Pointé du doigt pour son manque de cohérence supposé entre ses propos passés et présents, il n’en reste pas moins qu’il est aujourd’hui international belge. Sélectionné pour la Coupe du Monde, préféré à certains profils, son sélectionneur a fait l’éloge de l’attaquant du LOSC – qui pourrait jouer dès cet été un rôle plus important que prévu.
Auteur d’une entrée convaincante en match amical contre la Croatie, il a démontré sur le terrain la pertinence de sa présence dans la liste. Très actif à la pression, juste dans ses passes, il s’est rapidement intégré à ses coéquipiers.
Son défi
À l’annonce de la liste, les choix de Garcia ont fait débat. Alors que Fernandez-Pardo n’avait jamais connu la sélection, d’autres joueurs testés par le passé sont restés sur le carreau.
Mika Godts, auteur d’une saison d’anthologie à l’Ajax et appelé en mars, verra le tournoi à la télévision. Romeo Vermant et Lucas Stassin, buteurs au profil intéressant et déjà sélectionnés également, connaîtront le même sort. Le jeune lillois devra donc prouver la pertinence de sa présence, que Garcia lui-même a justifié en conférence de presse par sa polyvalence ainsi que sa saison réussie en club.
Car si la Belgique repose sur une colonne vertébrale solide et connaît ses cadres, un doute subsiste à la pointe de l’attaque. Romelu Lukaku – meilleur buteur de l’histoire du pays – sort d’une saison quasi-blanche sous le maillot de Naples, marquée par les blessures et les problèmes extra-sportifs. Dans cette configuration, il arrivera en manque de rythme au Mondial et n’aura sans doute pas l’impact espéré. Son but face à la Croatie est facteur d’espoir et peut lui redonner confiance, mais il ne faudrait pas qu’il fasse oublier son entrée globalement difficile.

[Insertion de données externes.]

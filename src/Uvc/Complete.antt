-- ===== src/Uvc/Complete.antt =====
-- uvc.bpf.c: on_video_complete, the program at the completion of a video URB.
use usbtrace.Common.{ℕ, Option, none, some, if◌then◌else◌}
use usbtrace.Records.{ClassUrbEvent, class_video}
use usbtrace.Bpf.{KeyMap, Task}
use usbtrace.ClassUrb.{ClassConfig, CompletedUrb, class_urb_emit}
use usbtrace.Uvc.State.{UvcConfig, StreamState, QState, StreamCorr, VideoUrb, Pool}
use usbtrace.Uvc.Vb2.{World}
use usbtrace.Uvc.Parse.{parse_frames}

-- The filter of `uvc_config`, as `usbtrace_class_urb_emit` takes it.
abbrev pub class_config : UvcConfig → ClassConfig
class_config cfg = record { filter_vid = cfg.filter_vid; filter_pid = cfg.filter_pid }

module _ (C : KeyMap StreamCorr) (D : KeyMap ℕ) (Q : KeyMap QState) (S : KeyMap StreamState) where
  -- `on_video_complete`, on what the two functions read of the URB; `none` is a NULL URB. The record
  -- of the URB comes before those of its frames.
  unfoldable pub on_video_complete :
      UvcConfig
      → Task
      → (ℕ → Pool)
      → Option (CompletedUrb × VideoUrb)
      → ℕ
      → S.Map
      → World C D Q
      → Option ClassUrbEvent × (S.Map × World C D Q)
  on_video_complete cfg task pools none now m w = (none, (m, w))
  on_video_complete cfg task pools (some (completed, urb)) now m w = (
    class_urb_emit (class_config cfg) class_video task (some completed) now,
    if cfg.no_frames then (m, w) else parse_frames C D Q S cfg task pools urb now m w,
  )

Lukaku a plusieurs fois donné l’impression de ralentir le jeu offensif via des approximations techniques et – malgré son statut – il aura à retrouver du rythme pour s’intégrer au collectif en place.
Fernandez-Pardo pourrait donc en profiter. Trop souvent cantonné à une aile en club, il aura là l’occasion de démontrer à nouveau ses qualités de buteur. À 21 ans, une Coupe du Monde réussie pourrait le voir figurer parmi les joueurs amenés à participer à la reconstruction de la sélection.
Les cadres historiques ne seront sans doute plus de la partie dans quatre ans, et il devra prouver qu’il peut devenir une option sérieuse au poste de buteur pour les prochaines échéances.